*** Opening of Exercise data ***

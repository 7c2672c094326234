-- ===== src/Contacts/Cards.antt =====
-- The cards of crates/core/src/storage/contacts.rs and the check of crates/core/src/contact/card.rs.
use Prim.Native.Nat.{◌^◌}
use skattr.Base.{
  ℕ, ◌+◌, Bool, false, ◌&&◌, List, [], ◌∷◌, ◌++◌, Option, none, some, Bytes, ltb, leb, ◌==◌,
  if◌then◌else◌, select, order_by,
}
use skattr.Base.Results.{Result, ok, err, ◌>>=◌}
use skattr.Base.Int.{pos_part, neg_part}
use skattr.Wire.{Serde}
use skattr.Envelope.{ContactCardBody, ContactCard}
use skattr.Contacts.{
  ContactRow, CardRow, Contacts, ContactError, not_found, version_overflow, encode_failed,
  decode_failed, stale_version, expired, bad_signature, first_row, find,
}

abbrev pub of_contact : ℕ → CardRow → Bool
of_contact id k = k.contact_id == id

-- No version of the contact is this high or higher: `MAX(version)`, then the comparison.
abbrev pub is_as_new : ℕ → ℕ → CardRow → Bool
is_as_new id version k = of_contact id k && leb version k.version

unfoldable pub to_i64 : ℕ → Result ContactError ℕ
to_i64 version = if ltb version (2 ^ 63) then ok version else err version_overflow

unfoldable pub contact_of : Contacts → Bytes → Result ContactError ContactRow
unfolding find
contact_of t identity = elim (find t identity) [ none ↦ err not_found | some c ↦ ok c ]

unfoldable pub raise : ℕ → Option ℕ → Option ℕ
raise version none = some version
raise version (some v) = if leb version v then some v else some version

unfoldable pub max_version : ℕ → List CardRow → Option ℕ
unfolding raise
max_version id [] = none
max_version id (k ∷ cards) =
    let rest = max_version id cards in if of_contact id k then raise k.version rest else rest

unfoldable pub check_newer : Option ℕ → ℕ → Result ContactError (Unit {0})
check_newer none version = ok tt
check_newer (some max) version = if leb version max then err stale_version else ok tt

-- `ORDER BY version DESC`
abbrev pub newest_first : CardRow → CardRow → Bool
newest_first a b = leb b.version a.version

module _ (cbor : Serde ContactCard) where
  abbrev pub encode_card : ContactCard → Result ContactError Bytes
  encode_card card = elim (cbor.into_writer card) [ none ↦ err encode_failed | some b ↦ ok b ]

  -- `put_card_in_tx_inner`; the transaction has one statement that writes.
  unfoldable pub put_card : Contacts → ContactCard → Result ContactError Contacts
  unfolding to_i64 contact_of max_version check_newer
  put_card t card = do
    version ← to_i64 card.body.version
    blob ← encode_card card
    c ← contact_of t card.body.identity
    checked ← check_newer (max_version c.id t.cards) version
    ok (record t {
      cards = t.cards ++ (record { contact_id = c.id; version = version; card_blob = blob } ∷ []);
    })

  unfoldable pub decode_card : Option CardRow → Result ContactError (Option ContactCard)
  decode_card none = ok none
  decode_card (some k) = elim (cbor.from_reader k.card_blob) [
    | none ↦ err decode_failed
    | some card ↦ ok (some card)
  ]

  unfoldable pub latest_card : Contacts → Bytes → Result ContactError (Option ContactCard)
  unfolding find decode_card
  latest_card t identity = elim (find t identity) [
    | none ↦ ok none
    | some c ↦ decode_card (first_row (order_by newest_first (select (of_contact c.id) t.cards)))
  ]

-- What a card is checked with: the encoding of its body, and Ed25519.
pub record CardLibraries : Type 0 where
  pub body_bytes : ContactCardBody → Option Bytes
  pub verifies : (key message signature : Bytes) → Bool

module _ (libs : CardLibraries) where
  -- `IdentityKey::verify_cbor`
  unfoldable pub verify_cbor : Bytes → ContactCardBody → Bytes → Bool
  verify_cbor key body signature = elim (libs.body_bytes body) [
    | none ↦ false
    | some message ↦ libs.verifies key message signature
  ]

  -- `now` is not negative.
  unfoldable pub verify : ContactCard → ℕ → Result ContactError Bytes
  unfolding verify_cbor
  verify card now =
      if ltb (pos_part card.body.expires_at) (now + neg_part card.body.expires_at)
      then err expired
      else if verify_cbor card.body.identity card.body card.signature
      then ok card.body.identity
      else err bad_signature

*** Close of Exercise data ***

→ **What you should do**
What is needed is a verbatim copy of every line in the records above from the one containing "verify_cbor key body" down to the one containing "verify card now", both included, and nothing more.

→ **Result**
  verify_cbor key body signature = elim (libs.body_bytes body) [
    | none ↦ false
    | some message ↦ libs.verifies key message signature
  ]

  -- `now` is not negative.
  unfoldable pub verify : ContactCard → ℕ → Result ContactError Bytes
  unfolding verify_cbor
  verify card now =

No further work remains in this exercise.